Top of Exercise materials
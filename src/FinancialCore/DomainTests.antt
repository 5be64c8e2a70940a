-- ===== src/FinancialCore/DomainTests.antt =====
-- The domain rules on small inputs.
use money_management_pstu_ha.Prelude.{◌≡◌, refl, ◌↔◌, true, ◌&&◌, some, List, [], ◌∷◌, arith}
use money_management_pstu_ha.Prelude.Int.{ℤ, pos, negsuc, ◌+ℤ◌, ◌-ℤ◌, leb_ℤ, max_ℤ}
use money_management_pstu_ha.Prelude.Result.{is_ok, ok}
use money_management_pstu_ha.Kernel.Money.{Money, from_minor, bdt, same_currency}
use money_management_pstu_ha.Database.Enums.{AccountType, AccountStatus}
use money_management_pstu_ha.FinancialCore.Account.{Account, debit, credit}
use money_management_pstu_ha.FinancialCore.Account.Guards.{
  may_debit, may_credit, debit_iff, credit_iff, debit-never_overdraws,
}
use money_management_pstu_ha.FinancialCore.Ledger.{
  PostingLine, ledger_posting, sum_lines, has_foreign_line, has_duplicate, mentions,
}
use money_management_pstu_ha.FinancialCore.Ledger.Balance.{IsBalanced, ledger_posting-IsBalanced}
use money_management_pstu_ha.FinancialCore.Policies.{
  TransferLimits, percentage_fee, fee_for, ensure_within_limits,
}
use money_management_pstu_ha.FinancialCore.Policies.Bounds.{
  ensure_within_limits_iff, percentage_fee-rounds_up,
}

abbrev taka : ℤ → Money
taka minor = record { minor = minor; currency = bdt }

abbrev wallet : Account
wallet = record {
  id = 5;
  user_id = some 50;
  account_type = AccountType.user;
  balance = taka (pos 1000);
  status = AccountStatus.active;
  version = 3;
}

debit_iff_example :
    (is_ok (debit wallet (taka (pos 300))) ≡ may_debit wallet (taka (pos 300)))
    × ((debit wallet (taka (pos 300))
          ≡ ok (record wallet { balance = taka (pos 1000 -ℤ pos 300); version = 4 }))
        ↔ (may_debit wallet (taka (pos 300)) ≡ true))
debit_iff_example = debit_iff wallet (taka (pos 300))

credit_iff_example :
    (is_ok (credit wallet (taka (pos 300))) ≡ may_credit wallet (taka (pos 300)))
    × ((credit wallet (taka (pos 300))
          ≡ ok (record wallet { balance = taka (pos 1000 +ℤ pos 300); version = 4 }))
        ↔ (may_credit wallet (taka (pos 300)) ≡ true))
credit_iff_example = credit_iff wallet (taka (pos 300))

wallet-may_debit : may_debit wallet (taka (pos 300)) ≡ true
unfolding same_currency
wallet-may_debit = refl

debit-never_overdraws_example : leb_ℤ (pos 0) (pos 1000 -ℤ pos 300) ≡ true
debit-never_overdraws_example =
    debit-never_overdraws wallet
      (record wallet { balance = taka (pos 1000 -ℤ pos 300); version = 4 }) (taka (pos 300))
      ((debit_iff wallet (taka (pos 300))).1.1 wallet-may_debit) refl

abbrev two_lines : List PostingLine
two_lines =
    record { account_id = 5; amount = taka (negsuc 299) }
    ∷ record { account_id = 6; amount = taka (pos 300) }
    ∷ []

ledger_posting-IsBalanced_example : IsBalanced (record { lines = two_lines; currency = bdt })
unfolding ledger_posting sum_lines has_foreign_line has_duplicate mentions same_currency ◌+ℤ◌
ledger_posting-IsBalanced_example =
    ledger_posting-IsBalanced two_lines bdt (record { lines = two_lines; currency = bdt }) refl

abbrev default_limits : TransferLimits
default_limits = record {
  max_single_transfer_minor = pos 5_000_000;
  daily_total_minor = pos 20_000_000;
}

ensure_within_limits_iff_example :
    (ensure_within_limits default_limits (taka (pos 300)) (taka (pos 1000)) ≡ ok tt)
    ↔ ((leb_ℤ (pos 300) (pos 5_000_000) && leb_ℤ (pos 1000 +ℤ pos 300) (pos 20_000_000)) ≡ true)
ensure_within_limits_iff_example =
    ensure_within_limits_iff default_limits (taka (pos 300)) (taka (pos 1000))

percentage_fee-rounds_up_example :
    fee_for (percentage_fee (pos 150) (pos 5)) (from_minor (pos 1001) bdt)
    ≡ from_minor (max_ℤ (pos 16) (pos 5)) bdt
percentage_fee-rounds_up_example =
    percentage_fee-rounds_up 1001 150 5 bdt 16 (omega arith) (omega arith)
Bottom of Exercise materials
Which lines above hold the string "mentions"? Copy each of them.

  PostingLine, ledger_posting, sum_lines, has_foreign_line, has_duplicate, mentions,
unfolding ledger_posting sum_lines has_foreign_line has_duplicate mentions same_currency ◌+ℤ◌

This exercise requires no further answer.